[Description of the task]
Some lines in the data below hold the string "Types". Report how many, as a bare number.

··· Records supplied

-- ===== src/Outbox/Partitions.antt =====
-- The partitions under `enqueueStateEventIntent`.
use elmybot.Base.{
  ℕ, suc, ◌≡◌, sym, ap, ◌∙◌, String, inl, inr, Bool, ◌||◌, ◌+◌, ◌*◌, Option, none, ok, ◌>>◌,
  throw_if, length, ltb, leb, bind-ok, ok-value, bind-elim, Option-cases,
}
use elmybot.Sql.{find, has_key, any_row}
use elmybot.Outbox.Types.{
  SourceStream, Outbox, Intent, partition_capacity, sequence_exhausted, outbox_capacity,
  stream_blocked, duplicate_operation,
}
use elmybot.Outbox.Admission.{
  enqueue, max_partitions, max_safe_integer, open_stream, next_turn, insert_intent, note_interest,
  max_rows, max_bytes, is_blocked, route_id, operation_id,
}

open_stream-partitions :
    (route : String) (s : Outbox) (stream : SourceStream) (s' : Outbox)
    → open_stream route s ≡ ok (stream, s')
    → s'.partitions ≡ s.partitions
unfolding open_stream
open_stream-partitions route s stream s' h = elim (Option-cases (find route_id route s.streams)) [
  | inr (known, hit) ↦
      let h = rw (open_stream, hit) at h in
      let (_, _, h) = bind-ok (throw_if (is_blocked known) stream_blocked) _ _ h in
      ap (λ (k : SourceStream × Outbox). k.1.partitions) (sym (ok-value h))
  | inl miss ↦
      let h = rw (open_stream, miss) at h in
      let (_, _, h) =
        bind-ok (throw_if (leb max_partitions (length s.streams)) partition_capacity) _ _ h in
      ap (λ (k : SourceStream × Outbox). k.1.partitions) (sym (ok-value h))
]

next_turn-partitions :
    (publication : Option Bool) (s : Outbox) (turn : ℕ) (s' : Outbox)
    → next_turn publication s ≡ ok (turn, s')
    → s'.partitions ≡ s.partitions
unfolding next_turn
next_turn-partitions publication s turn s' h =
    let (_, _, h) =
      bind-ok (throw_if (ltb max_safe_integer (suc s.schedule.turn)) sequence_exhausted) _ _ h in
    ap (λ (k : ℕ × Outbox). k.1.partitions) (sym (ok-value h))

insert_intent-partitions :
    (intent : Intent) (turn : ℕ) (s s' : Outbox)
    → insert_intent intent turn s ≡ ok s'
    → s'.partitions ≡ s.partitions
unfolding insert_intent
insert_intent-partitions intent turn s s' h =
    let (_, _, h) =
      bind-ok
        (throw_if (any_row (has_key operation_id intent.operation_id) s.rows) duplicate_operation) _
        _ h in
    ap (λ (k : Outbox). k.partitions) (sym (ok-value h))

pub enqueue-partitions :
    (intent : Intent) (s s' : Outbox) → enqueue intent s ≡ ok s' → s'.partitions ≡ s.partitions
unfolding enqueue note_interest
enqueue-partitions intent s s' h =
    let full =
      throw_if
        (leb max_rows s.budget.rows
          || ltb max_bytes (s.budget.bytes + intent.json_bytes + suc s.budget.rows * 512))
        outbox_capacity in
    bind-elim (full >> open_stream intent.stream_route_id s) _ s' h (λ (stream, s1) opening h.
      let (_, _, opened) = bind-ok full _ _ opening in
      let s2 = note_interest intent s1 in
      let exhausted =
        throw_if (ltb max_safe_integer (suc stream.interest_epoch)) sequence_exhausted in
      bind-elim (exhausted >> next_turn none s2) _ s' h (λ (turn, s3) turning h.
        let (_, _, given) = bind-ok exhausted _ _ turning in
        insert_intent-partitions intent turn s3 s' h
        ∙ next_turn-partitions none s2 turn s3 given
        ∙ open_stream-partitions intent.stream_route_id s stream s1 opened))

······
··· Records supplied

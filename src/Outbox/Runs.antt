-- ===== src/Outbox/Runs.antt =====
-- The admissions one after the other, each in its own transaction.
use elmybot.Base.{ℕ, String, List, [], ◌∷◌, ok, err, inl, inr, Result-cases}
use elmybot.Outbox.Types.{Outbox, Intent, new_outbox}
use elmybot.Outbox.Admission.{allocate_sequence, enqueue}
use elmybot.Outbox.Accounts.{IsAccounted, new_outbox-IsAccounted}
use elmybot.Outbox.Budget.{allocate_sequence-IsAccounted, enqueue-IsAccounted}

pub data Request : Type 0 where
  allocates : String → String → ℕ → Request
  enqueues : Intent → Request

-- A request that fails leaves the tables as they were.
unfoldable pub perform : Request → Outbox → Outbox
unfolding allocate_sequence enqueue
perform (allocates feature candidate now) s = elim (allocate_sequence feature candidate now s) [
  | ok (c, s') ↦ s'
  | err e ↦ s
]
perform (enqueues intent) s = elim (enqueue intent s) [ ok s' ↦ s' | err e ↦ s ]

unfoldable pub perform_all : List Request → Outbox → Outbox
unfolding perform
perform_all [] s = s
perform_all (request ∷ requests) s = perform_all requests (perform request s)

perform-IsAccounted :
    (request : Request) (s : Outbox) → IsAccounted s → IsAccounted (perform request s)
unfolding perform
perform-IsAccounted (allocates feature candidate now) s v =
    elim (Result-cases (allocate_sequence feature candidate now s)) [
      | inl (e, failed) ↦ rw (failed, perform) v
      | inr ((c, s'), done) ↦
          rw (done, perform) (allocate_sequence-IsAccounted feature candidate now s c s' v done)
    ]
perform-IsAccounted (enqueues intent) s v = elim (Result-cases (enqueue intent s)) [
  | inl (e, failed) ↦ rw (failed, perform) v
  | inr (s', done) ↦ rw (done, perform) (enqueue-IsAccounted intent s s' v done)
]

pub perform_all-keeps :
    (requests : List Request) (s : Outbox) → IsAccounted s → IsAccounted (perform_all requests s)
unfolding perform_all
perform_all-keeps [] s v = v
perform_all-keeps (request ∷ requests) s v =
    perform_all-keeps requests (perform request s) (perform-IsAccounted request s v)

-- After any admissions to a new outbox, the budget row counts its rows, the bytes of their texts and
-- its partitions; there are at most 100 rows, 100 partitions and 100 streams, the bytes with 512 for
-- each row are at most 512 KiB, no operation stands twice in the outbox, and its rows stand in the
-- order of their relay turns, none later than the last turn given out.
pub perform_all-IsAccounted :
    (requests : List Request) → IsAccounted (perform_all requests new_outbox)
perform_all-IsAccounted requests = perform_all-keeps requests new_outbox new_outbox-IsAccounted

······

[Exercise answer]
2